The flange plates 2 are respectively processed at two ends of the shaft 1, the boss-shaped plugs are tightly and tightly arranged on the flange plates by bolts, and the transducer and the sound insulator are required to be positioned in the liquid filling shaft 1 during instrument calibration and testing, so that the water inlet pipe 4 and the water outlet pipe 5 with valves are arranged on the boss surfaces of the plugs and are used for water inlet and outlet in the shaft 1.
When the instrument enters and exits the well bore 1, a certain support is needed, and meanwhile friction between the instrument and the well bore 1 is reduced. The inner pulley support 6 is made of stainless steel or copper, has a shape of a circular arc smaller than a semicircle, and has the same radian as that of the inner wall of the shaft 1. At least 4 mounting holes are symmetrically formed in the surface of the inner pulley bracket 6, a rolling shaft is fixedly mounted, the diameter of the rolling shaft is larger than the thickness of the inner pulley bracket 6, and accordingly the rolling shaft is contacted with the inner wall of the shaft 1 and the outer wall of an instrument respectively and can slide along the inner wall of the shaft 1.

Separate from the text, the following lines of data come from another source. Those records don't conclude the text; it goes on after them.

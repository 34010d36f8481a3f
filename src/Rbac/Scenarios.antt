-- ===== src/Rbac/Scenarios.antt =====
-- The theorems on users at concrete inputs. The toy hash is the password itself.
use ocpp_gw.Base.{◌≡◌, refl, String, true, List, [], ◌∷◌}
use ocpp_gw.Rbac.Permissions.{operator}
use ocpp_gw.Rbac.Manager.{
  UserInfo, Manager, create, initialize, add_user, authenticate, authenticate_token, refused,
}
use ocpp_gw.Base.Dict.{lookup, insert}
use ocpp_gw.Rbac.Access.{
  Operation, initializes, adds, logs_in, changes_password, perform, run, authenticate_token_refuses,
}

abbrev plain : String → String
plain password = password

abbrev ann : UserInfo
ann = record {
  username = "ann";
  password_hash = "secret";
  role = operator;
  email = "";
  full_name = "Ann";
  is_active = true;
  created_at = "";
  last_login = "";
  groups = [];
}

abbrev staffed : Manager
staffed = record { users = ("ann", ann) ∷ []; tokens = [] }

abbrev opening : List Operation
opening = initializes "now" ∷ adds ann ∷ []

abbrev day : List Operation
day = logs_in "admin" "admin" "admin_0002" ∷ changes_password "ann" "secret" "new" ∷ []

-- Ann logs in; her token and another one are unknown after the administrator has logged in too.
authenticate_token_refuses_example :
    let login = authenticate plain "ann" "secret" "ann_0001" (run plain opening create) in
    (login.1.token ≡ "ann_0001")
    × ((authenticate_token login.1.token (run plain day login.0) ≡ refused "Invalid token")
        × (authenticate_token "admin_0002" (run plain day login.0) ≡ refused "Invalid token"))
unfolding authenticate run perform initialize add_user create lookup insert
authenticate_token_refuses_example =
    authenticate_token_refuses plain opening day "ann" "secret" "ann_0001" "admin_0002" refl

The working process of the invention is as follows: the shaft 1 is horizontally placed on the shaft support 7, and at least 3 support points are provided for avoiding deformation of the shaft, and are uniformly and stably supported at the two ends and the middle of the shaft 1. The instrument is placed on a pulley cradle 6 and the axes of the well bore 1 and the instrument should be in line. The instrument is pushed into the well bore 1 through the inner pulley support 6, and at least two inner pulley supports 6 are placed in the well bore 1 in order to support the instrument at least at two points all the time in the pushing process and reduce the friction between the instrument and the well bore. Pushing one end of the instrument to a proper position, enabling the transmitting and receiving measurement and control circuit 9 to be positioned outside the shaft 1, enabling the acoustic drill collar 8 provided with the transducer and the sound insulator to be positioned in the shaft 1, connecting the water inlet pipe 4 with a water source after installing the sealing sleeve between the plugs 3 at two ends and the instrument, opening the valve of the water inlet pipe 4, closing the valve of the water outlet pipe 5, filling the shaft 1 with water and closing the valve of the water inlet pipe 4, and then scaling and testing the instrument. If the measurement and control circuit 9 is to be debugged, the protection cylinder of the circuit can be detached, and real-time online debugging is performed. After the scale test is finished, the valve of the water outlet pipe 5 is opened, and the water in the shaft is emptied. The instrument is removed from the wellbore 1 in the reverse of the above.